THE PROBLEM → Identify each line below that contains the word "absurd", and copy it out.

PROVIDED DATA →
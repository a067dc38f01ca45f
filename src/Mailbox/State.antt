-- ===== src/Mailbox/State.antt =====
-- The state segments: what is read after a write of the state, also after one that is cut short.
use csi_sanlock_lvm.Base.{
  ℕ, zero, suc, ◌+◌, ◌*◌, ◌≤◌, ◌≡◌, refl, sym, ap, ◌∙◌, [], ◌∷◌, ◌++◌, append-nil, Bytes, bytes_eq,
  take, drop, length, drop-append, if◌then◌else◌, arith,
}
use csi_sanlock_lvm.Mailbox.Device.{overwrite, take-append, drop-add, overwrite-nil}
use csi_sanlock_lvm.Mailbox.Layout.{choose}

abbrev pub thrice : Bytes → Bytes
thrice s = s ++ (s ++ s)

-- A copy of which the first `j` bytes have been replaced.
abbrev pub mixed : Bytes → Bytes → ℕ → Bytes
mixed old new j = overwrite old 0 (take j new)

take-le : (k : ℕ) (u v : Bytes) → k ≤ length u → take k (u ++ v) ≡ take k u
take-le zero u v h = refl
take-le (suc k) [] v h = absurd (omega arith)
take-le (suc k) (b ∷ u) v h = ap (λ r. b ∷ r) (take-le k u v (omega arith))

take-add : (u v : Bytes) (j : ℕ) → take (length u + j) (u ++ v) ≡ u ++ take j v
take-add [] v j = ap (λ k. take k v) (omega arith)
take-add (b ∷ u) v j =
    let e : suc (length u) + j ≡ suc (length u + j) = omega arith in
    ap (λ k. take k (b ∷ u ++ v)) e ∙ ap (λ r. b ∷ r) (take-add u v j)

pub overwrite-left :
    (x y buf : Bytes) → length buf ≤ length x → overwrite (x ++ y) 0 buf ≡ overwrite x 0 buf ++ y
unfolding overwrite
overwrite-left x y [] h = overwrite-nil (x ++ y) 0 ∙ ap (λ r. r ++ y) (sym (overwrite-nil x 0))
overwrite-left [] y (c ∷ buf) h = absurd (omega arith)
overwrite-left (b ∷ x) y (c ∷ buf) h = ap (λ r. c ∷ r) (overwrite-left x y buf (omega arith))

overwrite-past :
    (x y u v : Bytes) → length u ≡ length x → overwrite (x ++ y) 0 (u ++ v) ≡ u ++ overwrite y 0 v
unfolding overwrite
overwrite-past [] y [] v h = refl
overwrite-past [] y (c ∷ u) v h = absurd (omega arith)
overwrite-past (b ∷ x) y [] v h = absurd (omega arith)
overwrite-past (b ∷ x) y (c ∷ u) v h = ap (λ r. c ∷ r) (overwrite-past x y u v (omega arith))

pub overwrite-append :
    (s : Bytes) (i : ℕ) (u v : Bytes)
    → overwrite s i (u ++ v) ≡ overwrite (overwrite s i u) (i + length u) v
unfolding overwrite
overwrite-append [] i u v = refl
overwrite-append (b ∷ s) (suc i) u v =
    let e : suc i + length u ≡ suc (i + length u) = omega arith in
    ap (λ r. b ∷ r) (overwrite-append s i u v)
    ∙ ap (λ k. overwrite (b ∷ overwrite s i u) k v) (sym e)
overwrite-append (b ∷ s) zero [] v = refl
overwrite-append (b ∷ s) zero (c ∷ u) v =
    let e : 0 + suc (length u) ≡ suc (0 + length u) = omega arith in
    ap (λ r. c ∷ r) (overwrite-append s zero u v)
    ∙ ap (λ k. overwrite (c ∷ overwrite s zero u) k v) (sym e)

pub length-take_le : (k : ℕ) (s : Bytes) → length (take k s) ≤ k
length-take_le zero s = omega arith
length-take_le (suc k) [] = omega arith
length-take_le (suc k) (b ∷ s) = omega (arith, length-take_le k s)

-- What `choose` makes of three copies.
pub choose-parts :
    (a b c : Bytes) (n : ℕ)
    → length a ≡ n
    → length b ≡ n
    → length c ≡ n
    → choose n (a ++ (b ++ c)) ≡ (if bytes_eq a b then a else c)
unfolding choose
choose-parts a b c n ha hb hc = rw (first, second, third) refl
  where
    first : take n (a ++ (b ++ c)) ≡ a
    first = ap (λ k. take k (a ++ (b ++ c))) (sym ha) ∙ take-append a (b ++ c)

    behind_first : drop n (a ++ (b ++ c)) ≡ b ++ c
    behind_first = ap (λ k. drop k (a ++ (b ++ c))) (sym ha) ∙ drop-append a (b ++ c)

    second : take n (drop n (a ++ (b ++ c))) ≡ b
    second = ap (take n) behind_first ∙ ap (λ k. take k (b ++ c)) (sym hb) ∙ take-append b c

    behind_second : drop (2 * n) (a ++ (b ++ c)) ≡ c
    behind_second =
        ap (λ k. drop k (a ++ (b ++ c))) (omega arith)
        ∙ drop-add n n (a ++ (b ++ c))
        ∙ ap (drop n) behind_first
        ∙ ap (λ k. drop k (b ++ c)) (sym hb)
        ∙ drop-append b c

    third : take n (drop (2 * n) (a ++ (b ++ c))) ≡ c
    third =
        ap (take n) behind_second
        ∙ ap (λ k. take k c) (sym hc)
        ∙ sym (ap (take (length c)) (append-nil c))
        ∙ take-append c []

-- Three copies after the first `k` bytes of three new ones have been written over them.
abbrev pub torn : Bytes → Bytes → Bytes → Bytes → ℕ → Bytes
torn a b c new k = overwrite (a ++ (b ++ c)) 0 (take k (thrice new))

module _ (a b c new : Bytes) (n : ℕ) (ha : length a ≡ n) (hb : length b ≡ n) (hc : length c ≡ n)
    (hn : length new ≡ n) where
  pub torn-first : (k : ℕ) → k ≤ n → torn a b c new k ≡ mixed a new k ++ (b ++ c)
  torn-first k h =
      ap (overwrite (a ++ (b ++ c)) 0) (take-le k new (new ++ new) (omega arith))
      ∙ overwrite-left a (b ++ c) (take k new) (omega (arith, length-take_le k new))

  pub torn-second : (j : ℕ) → j ≤ n → torn a b c new (n + j) ≡ new ++ (mixed b new j ++ c)
  torn-second j h =
      ap (λ m. overwrite (a ++ (b ++ c)) 0 (take (m + j) (thrice new))) (sym hn)
      ∙ ap (overwrite (a ++ (b ++ c)) 0)
          (take-add new (new ++ new) j ∙ ap (λ r. new ++ r) (take-le j new new (omega arith)))
      ∙ overwrite-past a (b ++ c) new (take j new) (omega arith)
      ∙ ap (λ r. new ++ r) (overwrite-left b c (take j new) (omega (arith, length-take_le j new)))

  pub torn-third : (j : ℕ) → torn a b c new (n + (n + j)) ≡ new ++ (new ++ mixed c new j)
  torn-third j =
      ap (λ m. overwrite (a ++ (b ++ c)) 0 (take (m + (m + j)) (thrice new))) (sym hn)
      ∙ ap (overwrite (a ++ (b ++ c)) 0)
          (take-add new (new ++ new) (length new + j) ∙ ap (λ r. new ++ r) (take-add new new j))
      ∙ overwrite-past a (b ++ c) new (new ++ take j new) (omega arith)
      ∙ ap (λ r. new ++ r) (overwrite-past b c new (take j new) (omega arith))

YOUR SOLUTION →
take-le (suc k) [] v h = absurd (omega arith)
overwrite-left [] y (c ∷ buf) h = absurd (omega arith)
overwrite-past [] y (c ∷ u) v h = absurd (omega arith)
overwrite-past (b ∷ x) y [] v h = absurd (omega arith)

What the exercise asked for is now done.